You get stones with coffee. It is a fact and there is nothing you can do about it. More common with green beans you roast yourself but makes you keep your eyes open


----------



## Eyedee (Sep 13, 2010)

Steve7 said:


> Who was the supplier?


This was asked on a previous similar thread, the consensus was that the OP should contact the roaster rather than name him in public. It does no-one any favours to be trashed publicly for this sort of thing.

Ian


----------



## Viernes (Dec 10, 2011)

That rock passing through a €500 EK43 burrs must be an awesome experience...


----------



## Steve7 (Dec 19, 2014)

Eyedee said:


> This was asked on a previous similar thread, the consensus was that the OP should contact the roaster rather than name him in public. It does no-one any favours to be trashed publicly for this sort of thing.
> 
> Ian


Wouldnt put me off buying but may make me look more!

and sometimes naming makes people take more care.

I think we all know this isn't something that signifies incompetence, so it's not naming and trashing a firm for me just finishing off the story with the details!


----------



## Kman10 (Sep 3, 2014)

I wasn't trying to name and shame anybody, I've contacted roaster to inform them of it yesterday but had no response as yet


----------



## jeebsy (May 5, 2013)

Viernes said:


> That rock passing through a €500 EK43 burrs must be an awesome experience...


Rocks don't damage the EK....the EK damages rocks



Steve7 said:


> Who was the supplier?


The detectives among you may notice Kman got a delivery in the postie thread yesterday


----------



## Kman10 (Sep 3, 2014)

Roaster has been in touch and they thanked me for letting them know and are looking into it


----------



## Mr O (Jan 14, 2015)

I had what sounded like a stone in my burrs (not the K10) this afternoon.... Suppose I'd better get em out at the weekend and give em a check...


----------



## CamV6 (Feb 7, 2012)

Bloody hell.

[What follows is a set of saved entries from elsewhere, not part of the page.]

-- ===== src/Upload.antt =====
-- internal/upload: the upload service.
pub mod Stream
pub mod Record
pub mod Photo
pub mod Repository
pub mod Postgres
pub mod Listing
pub mod Publisher
mod Tests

Not the Rwandan I gave you i hope?


----------



## glevum (Apr 4, 2013)

Had 2 since xmas, both caught when weighing out 18g in my tray. Wont mention the roaster as i will always use them. I now take it as my job always to check just to be sure, which i dont mind


----------



## greenm (Oct 27, 2014)

Must be on a roll never had a single stone issue running from my Nespre88o machine, those 5g capsules just keep giving and giving!! (obviously I am joking(about my machine that is))


----------



## aaroncornish (Nov 7, 2012)

I suspect I have fallen foul to a stone.

My burrs had a few dinks on them last time I cleaned them.

Might have to get another set eventually.

I now always check my beans before tipping them in


----------